Sichtbarstes Zeichen ist der Aufstieg von Johann Gudenus. Der „junge Gudenus“, wie der 34-jährige Sohn von John Gudenus genannt wird, sitzt seit 2005 im Gemeinderat und ist nun Straches Statthalter in Wien. Beim blauen Wahlkampfauftakt in der Lugner City kündigte die Moderatorin das Duo mit den vielsagenden Worten an: „Begrüßen Sie unsere beiden Spitzenkandidaten Johann Gudenus und Heinz-Christian Strache.“

Johann Gudenus übernimmt die Führung der Wiener FPÖ. Und er hat ein Team um sich geschart, wie es in einer Partei selten zu sehen ist: „Das ist kein Führungsteam, das ist ein eingeschworener Kreis, der nicht nur durch politische Gemeinschaft, sondern auch durch enge persönliche Freundschaft zusammengeschweißt wird“, heißt es in der Partei. Was diese Freundschaft so zusammenhält? „Das Elternhaus“, ist eine Antwort. Viele der jungen Garde sind die Söhne und Töchter von altgedienten FP-Politiker, kennen sich seit Kindheitstagen und sind einen langen Weg gemeinsam gegangen.

Zu dieser Gruppe gehört Armin Blind, Sohn von Gemeinderat Kurth-Bodo Blind. Er kandidierte in Penzing und ist ein Vertreter der jungen, aufstrebenden Garde. Ihm wird in der Partei ebenso eine große politische Karriere vorhergesagt wie dem „jungen Kowarik“, also Dietbert Kowarik. Seit 2004 ist er Bezirksparteiobmann der FPÖ in Rudolfsheim-Fünfhaus, dem Bezirk mit dem höchsten Ausländeranteil in Wien. Einem Bezirk, in dem FPÖ-Funktionäre in der Vergangenheit behauptet hatten: „Rudolfsheim-Fünfhaus wird der Bezirk mit dem ersten FPÖ-Bezirkschef.“ Kowarik ist zudem Mitglied des Landesvorstandes der FPÖ Wien und Mitglied der schlagenden Burschenschaft Olympia; so wie Straches Heimatpartei von Burschenschaftern dominiert wird.
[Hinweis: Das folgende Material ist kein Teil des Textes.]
-- ===== src/Diff/Engine/Frame.antt =====
-- The commands of `diff` bring a terminal from the old frame to the new one.
use oxiterm.Common.{
  ℕ, zero, suc, subst, ◌+◌, ◌*◌, ◌^◌, ◌≤◌, ◌<◌, ◌≡◌, ◌⊎◌, refl, sym, ◌∙◌, ap, true, false, Option,
  some, List, get_elem?, length, arith, ltb, get_elem?-lt, Bool-cases, inl, inr, get_elem?-in,
  ltb→lt, ltb→ge, ge→ltb, ℕ_discrete, dec_lt,
}
use oxiterm.Unicode.{computed_width}
use oxiterm.Buffer.{Cell, CellBuffer}
use oxiterm.Diff.{AnsiCommand}
use oxiterm.Diff.Engine.{
  same_cell, plain, Drawing, start, columns, after, draw_cell, draw_row, draw_rows, diff,
}
use oxiterm.Diff.Engine.Terminal.{Device, glyph, Terminal, run, DrawnAsCounted, ShowsCounted}
use oxiterm.Diff.Engine.Steps.{same_cell-eq, shown, CursorKnown}
use oxiterm.Diff.Engine.Cells.{Lands, Drawn, draw_cell-Drawn, after-eq, columns-bound}

rows_le : (w h y : ℕ) → h ≤ y → w * h ≤ y * w
rows_le w zero y h = omega arith
rows_le w (suc n) zero h = elim h [ ]
rows_le w (suc n) (suc y) h = omega (arith, rows_le w n y (omega arith))

rows_ge : (w h y : ℕ) → y ≤ h → y * w ≤ w * h
rows_ge w h zero hy = omega arith
rows_ge w zero (suc y) hy = elim hy [ ]
rows_ge w (suc h) (suc y) hy = omega (arith, rows_ge w h y (omega arith))

index-lt : (w h y x : ℕ) → y < h → x < w → y * w + x < w * h
index-lt w h y x hy hx = omega (arith, rows_ge w h (suc y) hy)

-- A frame as the renderer leaves it: a cell for each place, the characters that are not skipped have
-- a width, and the columns that a wide character reaches over are marked to be skipped. The width
-- leaves room for one more character in a `u16`.
pub record IsDrawable (char_width : ℕ → Option ℕ) (b : CellBuffer) : Type 0 where
  pub size : length b.cells ≡ b.width * b.height
  pub small : b.width + 255 ≤ 2 ^ 16
  pub visible :
      (i : ℕ) (c : Cell)
      → get_elem? b.cells i ≡ some c
      → c.skip ≡ false
      → 0 < computed_width char_width c.ch
  pub covered :
      (x y x' : ℕ) (c c' : Cell)
      → get_elem? b.cells (y * b.width + x) ≡ some c
      → get_elem? b.cells (y * b.width + x') ≡ some c'
      → x < x'
      → x' < x + columns char_width c.ch
      → x' < b.width
      → c'.skip ≡ true

pub some_cell : {a b : Cell} → some a ≡ some b → a ≡ b
some_cell h = cc

true_skip : (c : Cell) → c.skip ≡ true → c.skip ≡ false → ⊥
true_skip c h s = cc

before_row :
    {x x' y y' w : ℕ}
    → (y' < suc y) ⊎ ((y' ≡ suc y) × (x' < 0))
    → w ≤ x
    → x' < w
    → (y' < y) ⊎ ((y' ≡ y) × (x' < x))
before_row h hx hx' = ground arith

behind_row : {x' y y' : ℕ} → (suc y < y') ⊎ ((y' ≡ suc y) × (0 ≤ x')) → y < y'
behind_row h = ground arith

nothing_before : {x' y' : ℕ} → (y' < 0) ⊎ ((y' ≡ 0) × (x' < 0)) → ⊥
nothing_before h = ground arith

module _ (char_width char_width_cjk : ℕ → Option ℕ) (device : Device) (prev next : CellBuffer)
    (lands : Lands char_width char_width_cjk device next.width)
    (drawable : IsDrawable char_width next) (t : Terminal) where
  abbrev at : CellBuffer → ℕ → ℕ → Option Cell
  at b x y = get_elem? b.cells (y * next.width + x)

  abbrev Counted : ℕ → ℕ → Type 0
  Counted x y = DrawnAsCounted char_width device next x y

  -- Behind a cell that is drawn as counted no other one is written over it.
  short_of :
      (x x' y : ℕ) (c c' : Cell)
      → at next x' y ≡ some c'
      → at next x y ≡ some c
      → c'.skip ≡ false
      → Counted x' y
      → x' < x
      → x < next.width
      → c.skip ≡ false
      → x' + device.taken c'.ch ≤ x
  short_of x x' y c c' e' e s' counted lt hx s = elim (dec_lt x (x' + device.taken c'.ch)) [
    | no ge ↦ omega arith
    | yes over ↦
        let same = counted x' c' e' s' (omega arith) (omega (arith, over, lt)) in
        absurd (true_skip c (drawable.covered x' y x c' c e' e lt (omega (arith, over, same)) hx) s)
  ]

  -- A cell that is drawn as counted is out of the columns of one before it.
  clear_of :
      (x x' y : ℕ) (c c' : Cell)
      → at next x' y ≡ some c'
      → at next x y ≡ some c
      → c'.skip ≡ false
      → Counted x' y
      → x < x'
      → x' < next.width
      → c.skip ≡ false
      → x + device.taken c.ch ≤ x'
  clear_of x x' y c c' e' e s' counted lt hx s = elim (dec_lt x' (x + device.taken c.ch)) [
    | no ge ↦ omega arith
    | yes over ↦
        let same = counted x c e s (omega arith) over in
        absurd
          (true_skip c' (drawable.covered x y x' c c' e e' lt (omega (arith, over, same)) hx) s')
  ]

  -- The loops stand at (x, y): the new frame is seen before that place, the old one from it on.
  record Progress (d : Drawing) (x y : ℕ) : Type 0 where
    pub pen : (shown device t d).pen ≡ d.pen
    pub cursor : CursorKnown device t d
    pub done :
        (x' y' : ℕ) (c : Cell)
        → x' < next.width
        → (y' < y) ⊎ ((y' ≡ y) × (x' < x))
        → at next x' y' ≡ some c
        → c.skip ≡ false
        → Counted x' y'
        → (shown device t d).screen x' y' ≡ some (glyph c)
    pub todo :
        (x' y' : ℕ) (c p : Cell)
        → x' < next.width
        → (y < y') ⊎ ((y' ≡ y) × (x ≤ x'))
        → at next x' y' ≡ some c
        → at prev x' y' ≡ some p
        → same_cell c p ≡ true
        → p.skip ≡ false
        → Counted x' y'
        → (shown device t d).screen x' y' ≡ some (glyph p)

  -- The cells of the row up to the end of the one just drawn.
  row_done :
      (d d' : Drawing) (x y : ℕ) (c : Cell)
      → Progress d x y
      → at next x y ≡ some c
      → x < next.width
      → Drawn char_width char_width_cjk device next.width t d d' x y c (at prev x y)
      → (x' : ℕ) (c' : Cell) → x' < next.width
      → x' < x + columns char_width c.ch
      → at next x' y ≡ some c'
      → c'.skip ≡ false
      → Counted x' y
      → (shown device t d').screen x' y ≡ some (glyph c')
  row_done d d' x y c p e hx drawn x' c' hx' near e' s counted = elim (dec_lt x' x) [
    | yes lt ↦
        drawn.others x' y (glyph c') (p.done x' y c' hx' (inr (refl, lt)) e' s counted)
          (λ drawn_here. inr (inr (lt, short_of x x' y c c' e' e s counted lt hx drawn_here)))
    | no ge ↦ elim (ℕ_discrete x' x) [
      | yes same ↦
          let ec : c ≡ c' = some_cell (sym e ∙ ap (λ z. at next z y) (sym same) ∙ e') in
          ap (λ z. (shown device t d').screen z y) same
          ∙ drawn.here (ap (λ (k : Cell). k.skip) ec ∙ s) (λ o eo alike so.
            p.todo x y c o hx (inr (refl, omega arith)) e eo alike so
              (subst (λ z. Counted z y) same counted))
          ∙ ap (λ (k : Cell). some (glyph k)) ec
      | no ne ↦ absurd (true_skip c' (drawable.covered x y x' c c' e e' (omega arith) near hx') s)
    ]
  ]

  cell-Progress :
      (d d' : Drawing) (x y : ℕ) (c : Cell)
      → Progress d x y
      → at next x y ≡ some c
      → x < next.width
      → Drawn char_width char_width_cjk device next.width t d d' x y c (at prev x y)
      → Progress d' (x + columns char_width c.ch) y
  cell-Progress d d' x y c p e hx drawn = record {
    pen = drawn.pen;
    cursor = drawn.cursor;
    done = λ x' y' c' hx' before e' s counted. elim before [
      | inl above ↦
          drawn.others x' y' (glyph c') (p.done x' y' c' hx' (inl above) e' s counted)
            (λ _. inl (λ q. omega arith))
      | inr (same, near) ↦
          ap (λ z. (shown device t d').screen x' z) same
          ∙ row_done d d' x y c p e hx drawn x' c' hx' near (ap (at next x') (sym same) ∙ e') s
              (subst (Counted x') same counted)
    ];
    todo = λ x' y' c' o hx' behind en e' k s counted. elim behind [
      | inl below ↦
          drawn.others x' y' (glyph o) (p.todo x' y' c' o hx' (inl below) en e' k s counted)
            (λ _. inl (λ q. omega arith))
      | inr (same, far) ↦
          let lt : x < x' = omega (arith, columns-bound char_width c.ch, far) in
          drawn.others x' y' (glyph o)
            (p.todo x' y' c' o hx' (inr (same, omega arith)) en e' k s counted)
            (λ drawn_here. inr (
              inl (
                lt,
                clear_of x x' y c c' (ap (at next x') (sym same) ∙ en) e
                    ((same_cell-eq c' o k).1 ∙ s) (subst (Counted x') same counted) lt hx'
                    drawn_here,
              )))
    ];
  }

  row-Progress : (d : Drawing) (x y : ℕ) → next.width ≤ x → Progress d x y → Progress d 0 (suc y)
  row-Progress d x y h p = record {
    pen = p.pen;
    cursor = p.cursor;
    done = λ x' y' c hx before e s counted. p.done x' y' c hx (before_row before h hx) e s counted;
    todo = λ x' y' c o hx behind en e k s counted.
        p.todo x' y' c o hx (inl (behind_row behind)) en e k s counted;
  }

  -- From a place within a row, the loop ends at the end of the row, and neither its fuel runs out
  -- nor an index is out of range.
  abbrev RowDrawn : Option Drawing → ℕ → Type 0
  RowDrawn r y = (d : Drawing) × (r ≡ some d) × Progress d 0 (suc y)

  draw_row-step :
      (fuel x y : ℕ) (d : Drawing) (c : Cell)
      → ltb x next.width ≡ true
      → at next x y ≡ some c
      → draw_row char_width char_width_cjk prev next (suc fuel) y x d
        ≡ draw_row char_width char_width_cjk prev next fuel y
            (after char_width x c.ch)
            (draw_cell char_width char_width_cjk next.width x y c (at prev x y) d)
  unfolding draw_row
  draw_row-step fuel x y d c within e = rw (draw_row, within, e) refl

  draw_row-Progress :
      (fuel x y : ℕ) (d : Drawing)
      → next.width ≤ x + fuel
      → y < next.height
      → Progress d x y
      → RowDrawn (draw_row char_width char_width_cjk prev next fuel y x d) y
  unfolding draw_row
  draw_row-Progress zero x y d enough hy p =
      rw (draw_row, ge→ltb x next.width (omega arith)) (d, refl, row-Progress d x y (omega arith) p)
  draw_row-Progress (suc fuel) x y d enough hy p = elim (Bool-cases (ltb x next.width)) [
    | inr past ↦ rw (draw_row, past) (d, refl, row-Progress d x y (ltb→ge x next.width past) p)
    | inl within ↦
        let hx = ltb→lt x next.width within in
        let (c, e) =
          get_elem?-in next.cells (y * next.width + x)
            (rw drawable.size (index-lt next.width next.height y x hy hx)) in
        let d' = draw_cell char_width char_width_cjk next.width x y c (at prev x y) d in
        let drawn =
          draw_cell-Drawn char_width char_width_cjk device next.width t d x y c (at prev x y) lands
            (drawable.visible _ c e) hx drawable.small p.pen p.cursor in
        subst (λ r. RowDrawn r y)
          (sym (
            draw_row-step fuel x y d c within e
            ∙ ap (λ z. draw_row char_width char_width_cjk prev next fuel y z d')
                (after-eq char_width char_width_cjk device next.width x c.ch hx drawable.small)))
          (draw_row-Progress fuel (x + columns char_width c.ch) y d'
            (omega (arith, columns-bound char_width c.ch)) hy
            (cell-Progress d d' x y c p e hx drawn))
  ]

  draw_rows-Progress :
      (rows y : ℕ) (d : Drawing)
      → y + rows ≡ next.height
      → Progress d 0 y
      → (d' : Drawing) × (draw_rows char_width char_width_cjk prev next rows y d ≡ some d')
        × Progress d' 0 next.height
  unfolding draw_rows
  draw_rows-Progress zero y d e p = (d, refl, subst (λ h. Progress d 0 h) (omega arith) p)
  draw_rows-Progress (suc rows) y d e p =
      let (d', er, p') = draw_row-Progress next.width 0 y d (omega arith) (omega arith) p in
      rw (er, draw_rows) (draw_rows-Progress rows (suc y) d' (omega arith) p')

  -- What `diff` leaves out of the commands is on the screen already.
  abbrev pub Seen : Type 0
  Seen =
      (x y : ℕ) (c p : Cell)
      → x < next.width
      → at next x y ≡ some c
      → at prev x y ≡ some p
      → same_cell c p ≡ true
      → p.skip ≡ false
      → t.screen x y ≡ some (glyph p)

  start-Progress : Seen → t.pen ≡ plain → Progress start 0 0
  unfolding run
  start-Progress seen pen = record {
    pen = pen;
    cursor = λ x y ex ey. cc;
    done = λ x y c hx before ec s counted. absurd (nothing_before before);
    todo = λ x y c p hx behind ec ep same s counted. seen x y c p hx ec ep same s;
  }

  in_rows : (x y : ℕ) (c : Cell) → at next x y ≡ some c → y < next.height
  in_rows x y c e = elim (dec_lt y next.height) [
    | yes lt ↦ lt
    | no ge ↦ absurd (
        omega (
          arith,
          rows_le next.width next.height y (omega arith),
          get_elem?-lt next.cells _ e,
          drawable.size,
        ))
  ]

  pub seen-Shows :
      Seen
      → t.pen ≡ plain
      → (commands : List AnsiCommand) × (diff char_width char_width_cjk prev next ≡ some commands)
        × ShowsCounted char_width device next (run device t commands).screen
  unfolding diff
  seen-Shows seen pen =
      let (d, ed, p) =
        draw_rows-Progress next.height 0 start (omega arith) (start-Progress seen pen) in
      (
        d.commands,
        rw (diff, ed) refl,
        λ x y c hx ec s counted. p.done x y c hx (inl (in_rows x y c ec)) ec s counted,
      )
Laut „Profil“ zählt Straches Liste rund 50Burschenschafter, die meisten von schlagenden deutschnationalen Verbindungen.

 

„FPÖ-Wahlkämpfer Schakfeh“

Insgesamt scheint sich die neue FPÖ in eine Erbdynastie zu verwandeln. In Meidling zieht Alexander Pawkowicz, der Sohn des verstorbenen Ex-FP-Wien-Obmanns Rainer Pawkowicz, die Fäden. Ebenfalls in Meidling aktiv ist Philippa Madejski. Wem der Namen bekannt vorkommt: Sie ist die Tochter von Gemeinderat Herbert Madejski, der diesmal nicht mehr den Sprung ins Stadtparlament geschafft hat, weil er bei der Listenerstellung zu weit hinten gereiht war, also auch den Jüngeren der Partei weichen musste.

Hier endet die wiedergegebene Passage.